Palmitic acid was the most abundant of the SFAs with smoked samples offering the smallest concentrations. Oleic acid, the most dominant MUFA was raised by both treatments. In the PUFAs, linoleic acid values were increased by both heat treatment methods. Both EPA and DHA showed high degree of instability when subjected to smoking and sun-drying. The ratio of ω-3/ω-6 were in favour of the omega 3. The highest ratio was found in the fresh specimen with the lowest found in the shrimp subjected to smoking process. In spite of different impacts exhibited by both processing methods, positive values of Index of atherogenicity (IA) and Index of thrombogenicity (IT) were calculated for both inclusive of the fresh samples. Smoked shrimp when consumed will be the most anti-atherogenic than other product forms due to its lowest IA value while fresh shrimp is the most anti-thrombogenic with lowest value.
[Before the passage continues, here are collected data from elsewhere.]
-- ===== src/Timeline/Outcomes.antt =====
-- internal/observability/timeline/recorder.go: the invocation outcomes that are made up from the attempts
-- of a turn.
pub mod Lone
use realtime_speech_pipeline.Base.{
  ℕ, zero, suc, ◌+◌, String, Bool, true, false, not, ◌&&◌, ◌||◌, Option, none, some, List, [], ◌∷◌,
  Result, ok, err, ◌>>=◌, ◌>>◌, refuse_if, if◌then◌else◌,
}
use realtime_speech_pipeline.Base.Int.{ℤ, pos, ltℤ, sub64}
use realtime_speech_pipeline.Base.Lists.{length}
use realtime_speech_pipeline.Base.Members.{has}
use realtime_speech_pipeline.Base.Text.{is_empty, fallback}
use realtime_speech_pipeline.Timeline.{
  ProviderAttemptEvidence, InvocationOutcomeEvidence, validate_attempt, validate_invocation_outcome,
}
use realtime_speech_pipeline.Timeline.Recorder.{validate_attempts}
use text.Mathlib.Text.{◌==◌, is_lt}
use Prim.Native.String.{compare}

-- `a < b` on texts, and `a != b` on int64s.
abbrev text_less : String → String → Bool
text_less a b = is_lt (compare a b)

abbrev differ : ℤ → ℤ → Bool
differ a b = ltℤ a b || ltℤ b a

unfoldable pub provider_attempt_less : ProviderAttemptEvidence → ProviderAttemptEvidence → Bool
provider_attempt_less a b =
    if differ a.runtime_timestamp_ms b.runtime_timestamp_ms
    then ltℤ a.runtime_timestamp_ms b.runtime_timestamp_ms
    else if differ a.wall_clock_timestamp_ms b.wall_clock_timestamp_ms
    then ltℤ a.wall_clock_timestamp_ms b.wall_clock_timestamp_ms
    else if differ a.runtime_sequence b.runtime_sequence
    then ltℤ a.runtime_sequence b.runtime_sequence
    else if differ a.transport_sequence b.transport_sequence
    then ltℤ a.transport_sequence b.transport_sequence
    else if differ a.attempt b.attempt
    then ltℤ a.attempt b.attempt
    else if not (a.provider_id == b.provider_id)
    then text_less a.provider_id b.provider_id
    else text_less a.event_id b.event_id

-- Before the first element that is not smaller: what came first stays first.
unfoldable pub insert_attempt :
    ProviderAttemptEvidence → List ProviderAttemptEvidence → List ProviderAttemptEvidence
insert_attempt x [] = x ∷ []
insert_attempt x (y ∷ ys) =
    let rest = insert_attempt x ys in if provider_attempt_less y x then y ∷ rest else x ∷ y ∷ ys

-- `sort.SliceStable`
unfoldable pub sort_attempts : List ProviderAttemptEvidence → List ProviderAttemptEvidence
sort_attempts [] = []
sort_attempts (x ∷ xs) = insert_attempt x (sort_attempts xs)

-- `sort.Strings`, of ids that are all different.
unfoldable pub insert_id : String → List String → List String
insert_id x [] = x ∷ []
insert_id x (y ∷ ys) = let rest = insert_id x ys in if text_less x y then x ∷ y ∷ ys else y ∷ rest

unfoldable pub sort_ids : List String → List String
sort_ids [] = []
sort_ids (x ∷ xs) = insert_id x (sort_ids xs)

-- The keys of the map by invocation id, and what it holds under one.
unfoldable pub invocation_ids : (seen : List String) → List ProviderAttemptEvidence → List String
invocation_ids seen [] = []
invocation_ids seen (a ∷ attempts) =
    let known = invocation_ids seen attempts in
    let new = invocation_ids (a.provider_invocation_id ∷ seen) attempts in
    if has a.provider_invocation_id seen then known else a.provider_invocation_id ∷ new

unfoldable pub group_of : String → List ProviderAttemptEvidence → List ProviderAttemptEvidence
group_of id [] = []
group_of id (a ∷ attempts) =
    let rest = group_of id attempts in if a.provider_invocation_id == id then a ∷ rest else rest

-- The first, the last, and the one before the last, of the attempts after `first` and `prev`.
unfoldable pub last_of :
    ProviderAttemptEvidence → List ProviderAttemptEvidence → ProviderAttemptEvidence
last_of a [] = a
last_of a (b ∷ rest) = last_of b rest

unfoldable pub previous_of :
    Option ProviderAttemptEvidence
    → ProviderAttemptEvidence
    → List ProviderAttemptEvidence
    → Option ProviderAttemptEvidence
previous_of prev a [] = prev
previous_of prev a (b ∷ rest) = previous_of (some a) b rest

-- `if later > earlier { return later - earlier }; return 0`
abbrev elapsed : (earlier later : ℤ) → ℤ
elapsed earlier later = if ltℤ earlier later then sub64 later earlier else pos 0

abbrev since_previous : Option ProviderAttemptEvidence → ProviderAttemptEvidence → ℤ
since_previous none final = pos 0
since_previous (some prev) final =
    elapsed prev.wall_clock_timestamp_ms final.wall_clock_timestamp_ms

unfoldable pub derive_final_attempt_latency_ms : List ProviderAttemptEvidence → ℤ
derive_final_attempt_latency_ms [] = pos 0
derive_final_attempt_latency_ms (a ∷ rest) =
    let final = last_of a rest in
    if ltℤ (pos 0) final.attempt_latency_ms
    then final.attempt_latency_ms
    else since_previous (previous_of none a rest) final

unfoldable pub derive_total_invocation_latency_ms : List ProviderAttemptEvidence → ℤ
derive_total_invocation_latency_ms [] = pos 0
derive_total_invocation_latency_ms (a ∷ rest) =
    elapsed a.wall_clock_timestamp_ms (last_of a rest).wall_clock_timestamp_ms

-- The outcome of one group, sorted. A group is never empty; Go would panic.
unfoldable pub outcome_of : String → List ProviderAttemptEvidence → Option InvocationOutcomeEvidence
outcome_of id [] = none
outcome_of id (a ∷ rest) =
    let final = last_of a rest in
    some (record {
      provider_invocation_id = id;
      modality = final.modality;
      provider_id = final.provider_id;
      outcome_class = final.outcome_class;
      retryable = final.retryable;
      retry_decision = fallback final.retry_decision "none";
      attempt_count = pos (length (a ∷ rest));
      final_attempt_latency_ms = derive_final_attempt_latency_ms (a ∷ rest);
      total_invocation_latency_ms = derive_total_invocation_latency_ms (a ∷ rest);
    })

unfoldable pub validated_outcome :
    Option InvocationOutcomeEvidence → Result InvocationOutcomeEvidence
validated_outcome none = err "index out of range"
validated_outcome (some outcome) = do validate_invocation_outcome outcome; ok outcome

unfoldable pub outcomes_of :
    List ProviderAttemptEvidence → List String → Result (List InvocationOutcomeEvidence)
outcomes_of attempts [] = ok []
outcomes_of attempts (id ∷ ids) = do
  outcome ← validated_outcome (outcome_of id (sort_attempts (group_of id attempts)))
  later ← outcomes_of attempts ids
  ok (outcome ∷ later)

unfoldable pub invocation_outcomes_from_provider_attempts :
    List ProviderAttemptEvidence → Result (List InvocationOutcomeEvidence)
invocation_outcomes_from_provider_attempts attempts = do
  validate_attempts attempts
  outcomes_of attempts (sort_ids (invocation_ids [] attempts))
Glutamate was the most dominant amino acid and like arginine, isoleucine, threonine and proline the reductions by both smoking and sun-drying were considered not important. Maillard reactions lead to increased values of leucine, histidine, tyrosine and lysine leading to the browning observed in the smoked and sundried samples. Nevertheless, Protein degradation and Amino Acids Score (AAS) and Protein Digestibility Corrected- Amino Acid Score (PDCAAS) were positive indicating that the proteins from Southern pink shrimp muscle (fresh, smoked and sundried forms) were well-balanced in their essential amino acid compositions indicating that the shrimp is of a high quality protein source.